# too much light?



## RockabillyChick (Nov 18, 2005)

can low-light plants like crypts get too much light? i have a 10 gallon with 3w/g (two 18" flourecent bulbs) and my crypts are turning yellow. they started turning yellow when i only had one bulb on the tank, and i thought they weren't getting enough light, so i added another, but they're not greening up. should i add Flourish Excell? i don't want to resort to a CO2 system. just seems like too much work. i heard that flourish excell will provide carbon to the plants instead, as well as other nutrients.


----------



## Damon (Jan 18, 2005)

They can get too much light but that is not the case here. CO2 is adding to the problem but not the underlying factor. Have you moved them recently? Are the old leaves turning yellow? Are the veins still green? If I had to guess, I'd say you are lacking potassium. A pic would be wonderful. I would get some flourish and flourish excel. Tropica's mastergrow is wonderful also and a great alternative to flourish.
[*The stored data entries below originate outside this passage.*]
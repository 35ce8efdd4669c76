-- ===== src/ErrorTracker/RateLimit/Minute.antt =====
-- The requests of one minute.
use claude_todo.Prelude.{
  ℕ, suc, ◌-◌, ◌/◌, ◌≤◌, String, ◌≡◌, refl, Bool, true, false, some, List, [], ◌∷◌, if◌then◌else◌,
  ltb, length, All, arith, inl, inr, Option-cases, nat_eq,
}
use claude_todo.ErrorTracker.RateLimit.{
  ErrorTrackingConfig, effective_limit, Redis, key_of, decide, check, ℤ, pos, negsuc, max_one,
  min_cap,
}

module _ (r : Redis) (str : ℕ → String) (project : ErrorTrackingConfig) where
  -- Requests at the times of a list, one after the other, and how many of them are let in.
  unfoldable pub let_in : List (ℕ × ℕ) → r.Store → ℕ × r.Store
  unfolding check
  let_in [] s = (0, s)
  let_in ((now, later) ∷ times) s =
      let (decision, s') = check r str project now later s in
      let (more, s'') = let_in times s' in (if decision.allowed then suc more else more, s'')

  abbrev pub InMinute : ℕ → List (ℕ × ℕ) → Type 0
  InMinute minute times = All (λ t. t.0 / 60 ≡ minute) times

  abbrev pub left : ℕ → r.Store → ℕ
  left minute s = effective_limit project - r.count s (key_of r str project minute)

  -- One request takes one from what is left, if it is let in.
  step :
      (later minute more : ℕ) (s : r.Store)
      → more ≤ left minute (r.incr s (key_of r str project minute)).1
      → (if (decide r str project later (r.incr s (key_of r str project minute)).0).allowed
          then suc more
          else more)
        ≤ left minute s
  step later minute more s h =
      let key = key_of r str project minute in
      elim (Option-cases (r.incr s key).0) [
        | inl fails ↦ rw fails (omega (arith, h, r.incr_grows s key))
        | inr (n, works) ↦
            let (next, now_there) = r.incr_returns s key n works in
            rw works (ground (arith, h, next, now_there))
      ]

  -- Whatever the requests of one minute, and whichever calls of Redis fail, no more than the limit
  -- of the project less the count of that minute are let in.
  pub let_in-le_left :
      (minute : ℕ) (times : List (ℕ × ℕ)) (s : r.Store)
      → InMinute minute times
      → (let_in times s).0 ≤ left minute s
  unfolding let_in
  let_in-le_left minute [] s h = omega arith
  let_in-le_left minute ((now, later) ∷ times) s h =
      rw h.0 (step later minute _ s (let_in-le_left minute times _ h.1))

  -- `min`, which the limiter does not use.
  abbrev pub min : ℕ → ℕ → ℕ
  min a b = if ltb a b then a else b

  step_works :
      (later minute n t : ℕ) (s : r.Store)
      → (r.incr s (key_of r str project minute)).0 ≡ some n
      → (if (decide r str project later (r.incr s (key_of r str project minute)).0).allowed
          then suc (min t (left minute (r.incr s (key_of r str project minute)).1))
          else min t (left minute (r.incr s (key_of r str project minute)).1))
        ≡ min (suc t) (left minute s)
  step_works later minute n t s works =
      let (next, now_there) = r.incr_returns s (key_of r str project minute) n works in
      rw works (ground (arith, next, now_there))

  -- Where no call of Redis fails, the requests of one minute are let in until the limit less the
  -- count of that minute is used up, and not after.
  pub let_in-min :
      (minute : ℕ) (times : List (ℕ × ℕ)) (s : r.Store)
      → ((s' : r.Store) (key : String) → (n : ℕ) × ((r.incr s' key).0 ≡ some n))
      → InMinute minute times
      → (let_in times s).0 ≡ min (length times) (left minute s)
  unfolding let_in
  let_in-min minute [] s works h = ground arith
  let_in-min minute ((now, later) ∷ times) s works h =
      let (n, ok) = works s (key_of r str project minute) in
      rw (h.0, let_in-min minute times (r.incr s (key_of r str project minute)).1 works h.1)
        (step_works later minute n (length times) s ok)

-- The limit of a project is at least one; where every origin is allowed it is at most 300; and it is the
-- configured number where that is positive and, where every origin is allowed, at most 300.
pub effective_limit-bounds :
    (project : ErrorTrackingConfig)
    → (1 ≤ effective_limit project)
      × (project.allowed_origin_wildcard ≡ true → effective_limit project ≤ 300)
      × ((n : ℕ)
          → project.rate_limit_per_min ≡ pos (suc n)
          → (project.allowed_origin_wildcard ≡ true → suc n ≤ 300)
          → effective_limit project ≡ suc n)
unfolding effective_limit
effective_limit-bounds project = (
  at_least project.allowed_origin_wildcard project.rate_limit_per_min,
  λ open_to_all. rw open_to_all (capped project.rate_limit_per_min),
  λ n at fits. rw at (kept project.allowed_origin_wildcard n fits),
)
  where
    at_least : (w : Bool) (l : ℤ) → 1 ≤ max_one (if w then min_cap l else l)
    at_least true (pos n) = ground arith
    at_least true (negsuc n) = omega arith
    at_least false (pos n) = ground arith
    at_least false (negsuc n) = omega arith

    capped : (l : ℤ) → max_one (min_cap l) ≤ 300
    capped (pos n) = ground arith
    capped (negsuc n) = omega arith

    kept :
        (w : Bool) (n : ℕ)
        → (w ≡ true → suc n ≤ 300)
        → max_one (if w then min_cap (pos (suc n)) else pos (suc n)) ≡ suc n
    kept true n fits = ground (arith, fits refl)
    kept false n fits = ground arith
You'll still want the excel in either case.


----------



## RockabillyChick (Nov 18, 2005)

i haven't moved them since i first put them in there. i know crypts have a tendancy to "melt" when they're moved, but mine never did. they lost a couple of the outer leaves, but thats normal. 

no, its the new inner leaves that are coming out yellow. i don't know what the potassium levels are in the tank though. but the water where i live comes from an aquifer, so its very mineral-rich.


----------